There are non-systematised (manual) checks of deposited material in place; processes and procedures are repeated, but they are not formalised or documented. Rectifications are performed repeatedly, either by the repository or by returning data to depositor.

(3) Defined:

Systemised checks of all data and metadata are in place; procedures and processes defined and formalised in written documents. Functions and mechanisms are in place for rectifying data and metadata, including processes for contacting and/or returning data to depositor when necessary. Some processes may be automated.

(4) Managed:

All completeness and correctness checks and modifications are measured and registered; processes and procedures are reviewed and updated regularly. Automated processes are implemented where appropriate.

(5) Optimised:

All completeness and correctness checks and modifications are measured, registered and assessed regularly; processes and procedures are reviewed and updated regularly based on technology watch and formalised communication with Designated Community.

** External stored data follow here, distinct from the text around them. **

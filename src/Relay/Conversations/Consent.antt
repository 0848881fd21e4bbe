-- ===== src/Relay/Conversations/Consent.antt =====
-- Who may talk to whom: every permission rests on a request that its recipient accepted.
use crypto_pigeon.Prelude.{
  ℕ, ◌≡◌, ◌∙◌, ◌+◌, refl, sym, ap, Bool, true, false, ◌&&◌, ◌||◌, Option, none, some, List, [], ◌∷◌,
  arith, find, any, ◌==◌, if◌then◌else◌, Bool-cases, inl, inr,
}
use crypto_pigeon.Prelude.Rows.Laws.{any-append_left, any-update_mono, find-holds, find-update_hit}
use crypto_pigeon.Relay.Db.{
  Uuid, Opaque, User, RequestStatus, pending, accepted, rejected, ConnectionRequest, Db,
}
use crypto_pigeon.Relay.Conversations.{
  seven_days, is_rejected, same_pair, reopen, request_from, request_as, request_contact, named,
  ordered, has_id, mark, commit_accept, can_accept, accept_row, accept_as, accept, can_reject,
  reject_as, reject, permitted,
}
use crypto_pigeon.Relay.Conversations.Grants.{granted, any-grant_other}

unfoldable pub is_accepted : RequestStatus → Bool
is_accepted accepted = true
is_accepted pending = false
is_accepted rejected = false

unfoldable pub agreed : Uuid → Uuid → ConnectionRequest → Bool
unfolding is_accepted
agreed a b r =
    is_accepted r.status
    && (r.requester == a && r.recipient == b || r.requester == b && r.recipient == a)

abbrev pub HasConsent : Db → Type 0
HasConsent db =
    (a b : Uuid) → permitted a b db.permissions ≡ true → any (agreed a b) db.requests ≡ true

agreed-mark :
    (a b id : Uuid) (r : ConnectionRequest)
    → agreed a b r ≡ true
    → agreed a b (if has_id id r then mark accepted r else r) ≡ true
unfolding agreed
agreed-mark a b id r h = ground arith

agreed-reject :
    (a b id user : Uuid) (r : ConnectionRequest)
    → agreed a b r ≡ true
    → agreed a b (if can_reject id user r then mark rejected r else r) ≡ true
unfolding agreed can_reject
agreed-reject a b id user r h = ground arith

agreed-reopen :
    (a b now x y : ℕ) (r : ConnectionRequest)
    → agreed a b r ≡ true
    → agreed a b (if same_pair x y r && is_rejected r.status then reopen now r else r) ≡ true
unfolding agreed same_pair is_rejected reopen
agreed-reopen a b now x y r h = ground arith

agreed_pair :
    (a b : Uuid) (r : ConnectionRequest)
    → ((ordered a b).0 == (ordered r.requester r.recipient).0
        && (ordered a b).1 == (ordered r.requester r.recipient).1)
      ≡ true
    → agreed a b (mark accepted r) ≡ true
unfolding agreed ordered
agreed_pair a b r h = ground arith

can_accept-has_id :
    (now id user : ℕ) (r : ConnectionRequest) → can_accept now id user r ≡ true → has_id id r ≡ true
unfolding can_accept
can_accept-has_id now id user r h = ground arith

request_from-agreed :
    (a b now id requester : ℕ) (u : Option User) (rs : List ConnectionRequest)
    → any (agreed a b) rs ≡ true
    → any (agreed a b) (request_from now id requester u rs) ≡ true
unfolding request_from
request_from-agreed a b now id requester none rs h = h
request_from-agreed a b now id requester (some u) rs h = ground (
  arith,
  any-update_mono (agreed a b)
      (λ (r : ConnectionRequest). same_pair requester u.user_id r && is_rejected r.status)
      (reopen now) rs (agreed-reopen a b now requester u.user_id) h,
  any-append_left (agreed a b) rs
      (record {
        request_id = id;
        requester = requester;
        recipient = u.user_id;
        status = pending;
        created_at = now;
        expires_at = now + seven_days;
      }
        ∷ [])
      h,
)

request_as-HasConsent :
    (now id : ℕ) (caller : Option Uuid) (name : Opaque) (db : Db)
    → HasConsent db
    → HasConsent (request_as now id caller name db).1
unfolding request_as
request_as-HasConsent now id none name db h = h
request_as-HasConsent now id (some u) name db h =
    λ a b p. request_from-agreed a b now id u (find (named name) db.users) db.requests (h a b p)

commit_accept-HasConsent :
    (now id user : ℕ) (r : ConnectionRequest) (db : Db)
    → HasConsent db
    → find (can_accept now id user) db.requests ≡ some r
    → HasConsent (commit_accept id r db)
unfolding commit_accept permitted
commit_accept-HasConsent now id user r db h found a b p =
    let pair = ordered r.requester r.recipient in
    elim (Bool-cases ((ordered a b).0 == pair.0 && (ordered a b).1 == pair.1)) [
      | inl same ↦
          find-update_hit (can_accept now id user) (has_id id) (agreed a b) (mark accepted)
            db.requests r found
            (can_accept-has_id now id user r
              (find-holds (can_accept now id user) db.requests r found))
            (agreed_pair a b r same)
      | inr other ↦
          any-update_mono (agreed a b) (has_id id) (mark accepted) db.requests (agreed-mark a b id)
            (h a b (sym (any-grant_other pair (ordered a b) db.permissions other) ∙ p))
    ]

accept_row-HasConsent :
    (now id user : ℕ) (found : Option ConnectionRequest) (db : Db)
    → HasConsent db
    → find (can_accept now id user) db.requests ≡ found
    → HasConsent (accept_row id found db).1
unfolding accept_row
accept_row-HasConsent now id user none db h e = h
accept_row-HasConsent now id user (some r) db h e = commit_accept-HasConsent now id user r db h e

accept_as-HasConsent :
    (now id : ℕ) (caller : Option Uuid) (db : Db)
    → HasConsent db
    → HasConsent (accept_as now id caller db).1
unfolding accept_as
accept_as-HasConsent now id none db h = h
accept_as-HasConsent now id (some user) db h = accept_row-HasConsent now id user _ db h refl

reject_as-HasConsent :
    (id : ℕ) (caller : Option Uuid) (db : Db)
    → HasConsent db
    → HasConsent (reject_as id caller db).1
unfolding reject_as
reject_as-HasConsent id none db h = h
reject_as-HasConsent id (some user) db h = λ a b p. ground (
  arith,
  h a b,
  any-update_mono (agreed a b) (can_reject id user) (mark rejected) db.requests
      (agreed-reject a b id user),
)

-- Every route of the component, as a step of the database.
pub data Step : Db → Db → Type 0 where
  requests :
      (now id : ℕ) (device : Uuid) (name : Opaque) (db : Db)
      → Step db (request_contact now id device name db).1
  accepts : (now id : ℕ) (device : Uuid) (db : Db) → Step db (accept now id device db).1
  rejects : (id : ℕ) (device : Uuid) (db : Db) → Step db (reject id device db).1

pub data Reach (start : Db) : Db → Type 0 where
  here : Reach start start
  next : {db db' : Db} → Reach start db → Step db db' → Reach start db'

Step-HasConsent : {db db' : Db} → Step db db' → HasConsent db → HasConsent db'
unfolding request_contact accept reject
Step-HasConsent (requests now id device name db) h = request_as-HasConsent now id _ name db h
Step-HasConsent (accepts now id device db) h = accept_as-HasConsent now id _ db h
Step-HasConsent (rejects id device db) h = reject_as-HasConsent id _ db h

pub Reach-HasConsent : {start db : Db} → HasConsent start → Reach start db → HasConsent db
Reach-HasConsent h here = h
Reach-HasConsent h (next r st) = Step-HasConsent st (Reach-HasConsent h r)

HasConsent-of_empty : (db : Db) → db.permissions ≡ [] → HasConsent db
unfolding permitted
HasConsent-of_empty db e a b p = cc (ap (any (granted (ordered a b))) e, p)

-- In every database that requests, acceptances and rejections lead to from one without permissions,
-- two users may talk only if one of them asked the other and that request is marked accepted.
pub permitted-agreed :
    {start db : Db}
    → start.permissions ≡ []
    → Reach start db
    → (a b : Uuid) → permitted a b db.permissions ≡ true
    → any (agreed a b) db.requests ≡ true
permitted-agreed {start} e r a b p = Reach-HasConsent (HasConsent-of_empty start e) r a b p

RA2.1.3.2: Authenticity checks of deposited material

The repository have adequate specifications enabling the recognition (and parsing) of the material that is to be deposited. The repository must be able to determine what the contents of the deposited material are with regard to the technical construction of its components (its authenticity).

(0) Not defined:

No specifications; no awareness of authenticity checks.

(1) Initial:

Awareness of the need to check the authenticity of the deposited material; some manual checks performed, but in an unsystematic/informal and ad hoc manner.

(2) Repeated/partial:

Material are checked for authenticity on a regular basis and follow a regular pattern, but mostly done manually and individually; there are no formalised process descriptions or procedures in place.

(3) Defined:

Deposited material are checked for authenticity; checks are done systematically and in an automated/semi-automated way; processes and procedures are formalised in written documents; documentation of the validity and authenticity of the object/material construction is provided.

(4) Managed:

Processes and procedures are aligned to strategies and policies; authentication checks are regularly reviewed and updated; authenticity checks are highly automated.

(5) Optimised:

Checks and procedures are measured and regularly updated; processes and procedures are aligned to technology watch routines; full automation where possible.

 

RA2.1.3.3: Quality control standards and reporting mechanisms

There are quality control standards and reporting mechanisms in place to include details of how any data and metadata issues are resolved (e.g. data/information returned to the data provider for rectification, fixed by the repository, noted by quality flags in the data file, and/or included in the accompanying metadata.)

(0) Not defined:

No quality controls in place.

(1) Initial:

No formal criteria exist, application of standards are applied inconsistently. There are no reporting mechanisms in place.

(2) Repeated/partial:

Quality controls reports are performed repeatedly on individual basis, but there is a lack of coordination and processes and mechanisms are not fully documented. Issues are resolved ad hoc.

(3) Defined:

Formal quality control standards and reporting mechanism are in place, and all issues are logged and resolved.

(4) Managed:

There are regular assessments and reviews of the quality control standards and reporting mechanisms; automation are implemented where appropriate.

(5) Optimised:

All controls and reports are measured and regularly reviewed; processes and procedures are aligned to technology watch routines and changes are implemented accordingly; full automation where possible.